Learning API Functionality from In-Context Demonstrations for Tool-based Agents
Patel, Bhrij, Jagmohan, Ashish, Vempaty, Aditya
Digital tool-based agents, powered by Large Language Models (LLMs), that invoke external Application Programming Interfaces (APIs) often rely on documentation to understand API functionality. However, such documentation is frequently missing, outdated, privatized, or inconsistent-hindering the development of reliable, general-purpose agents. In this work, we propose a new research direction: learning of API functionality directly from in-context demonstrations. This task is a new paradigm applicable in scenarios without documentation.

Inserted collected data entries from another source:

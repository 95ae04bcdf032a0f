-- ===== src/Tickets.antt =====
-- src/ticket_store.cpp: the authentication timestamps of the persist option. The private files that
-- FileUtils keeps for it are an interface, `PrivateFiles`.
pub mod Validity
pub mod Memory
pub mod Clearing
use voix.Base.{
  ℕ, ◌+◌, ◌-◌, ◌*◌, ◌^◌, ◌≡◌, Bool, true, false, not, Option, none, some, List, [], ◌∷◌, ◌++◌, Text,
  codes, starts_with, is_empty, leb, ltb, if◌then◌else◌,
}
use voix.Numbers.{to_string, strtoull}
use voix.Paths.{append_path}

-- `FileUtils` as the ticket store uses it, on the state `S` of the files, with the laws of a file
-- system that nothing else writes to between two calls.
pub record PrivateFiles (S : Type 0) : Type 0 where
  pub read_file_secure : S → Text → Option Text
  pub write_file_secure : Text → Text → S → Bool × S
  pub ensure_private_directory : Text → S → Bool × S
  pub remove : Text → S → S  -- the files afterwards, whether or not the call succeeds
  -- The names that the iterator gives before it ends or fails; `none` where it is no directory.
  pub directory_names : Text → S → Option (List Text)
  pub read_write :
      (path content : Text) (s t : S)
      → write_file_secure path content s ≡ (true, t)
      → read_file_secure t path ≡ some content
  pub read_write_other :
      (path content other : Text) (s : S)
      → ((other ≡ path) → ⊥)
      → read_file_secure (write_file_secure path content s).1 other ≡ read_file_secure s other
  pub read_ensure :
      (dir path : Text) (s : S)
      → read_file_secure (ensure_private_directory dir s).1 path ≡ read_file_secure s path

-- `k_persist_ttl`, in seconds.
abbrev pub k_persist_ttl : ℕ
k_persist_ttl = 15 * 60

-- `dir_`
unfoldable pub ticket_dir : Text → Text
ticket_dir sanctuary = append_path sanctuary (codes "timestamp")

unfoldable pub ticket_name : ℕ → ℕ → Text
ticket_name caller_uid target_uid = to_string caller_uid ++ b'-' ∷ to_string target_uid

unfoldable pub path_for : Text → ℕ → ℕ → Text
unfolding ticket_name
path_for dir caller_uid target_uid = append_path dir (ticket_name caller_uid target_uid)

-- The comparison of the times, in seconds: a time of 2^63 or more is a negative `seconds` count.
unfoldable pub fresh : ℕ → ℕ → ℕ → Bool
fresh now ttl epoch =
    if ltb epoch (2 ^ 63)
    then if ltb now epoch then false else leb (now - epoch) ttl
    else leb (now + (2 ^ 64 - epoch)) ttl

abbrev fresh_parsed : ℕ → ℕ → Option ℕ → Bool
fresh_parsed now ttl none = false
fresh_parsed now ttl (some epoch) = fresh now ttl epoch

-- A file that cannot be read, an empty one and one without digits are no ticket.
abbrev valid_content : ℕ → ℕ → Option Text → Bool
valid_content now ttl none = false
valid_content now ttl (some content) =
    if is_empty content then false else fresh_parsed now ttl (strtoull content)

module _ {S : Type 0} (files : PrivateFiles S) where
  unfoldable pub valid : S → Text → ℕ → ℕ → ℕ → ℕ → Bool
  valid s dir now ttl caller_uid target_uid =
      valid_content now ttl (files.read_file_secure s (path_for dir caller_uid target_uid))

  unfoldable pub record_ticket : Text → ℕ → ℕ → ℕ → S → Bool × S
  record_ticket dir now caller_uid target_uid s =
      let (ok, t) = files.ensure_private_directory dir s in
      if not ok
      then (false, t)
      else files.write_file_secure (path_for dir caller_uid target_uid) (to_string now) t

  unfoldable pub clear : Text → ℕ → ℕ → S → S
  unfolding path_for
  clear dir caller_uid target_uid s = files.remove (path_for dir caller_uid target_uid) s

  -- The loop over the directory.
  unfoldable pub clear_names : Text → Text → List Text → S → S
  clear_names dir prefix [] s = s
  clear_names dir prefix (name ∷ names) s =
      clear_names dir prefix names
        (if starts_with name prefix then files.remove (append_path dir name) s else s)

  unfoldable pub clear_all_for_caller : Text → ℕ → S → S
  unfolding clear_names
  clear_all_for_caller dir caller_uid s = elim (files.directory_names dir s) [
    | none ↦ s
    | some names ↦ clear_names dir (to_string caller_uid ++ b'-' ∷ []) names s
  ]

Using API benchmarks, we collect demonstrations from both expert agents and from self-exploration. To understand what information demonstrations must convey for successful task completion, we extensively study how the number of demonstrations and the use of LLM-generated summaries and evaluations affect the task success rate of the API-based agent. Our experiments across 3 datasets and 6 models show that learning functionality from in-context demonstrations remains a non-trivial challenge, even for state-of-the-art LLMs. We find that providing explicit function calls and natural language critiques significantly improves the agent's task success rate due to more accurate parameter filling. We analyze failure modes, identify sources of error, and highlight key open challenges for future work in documentation-free, self-improving, API-based agents.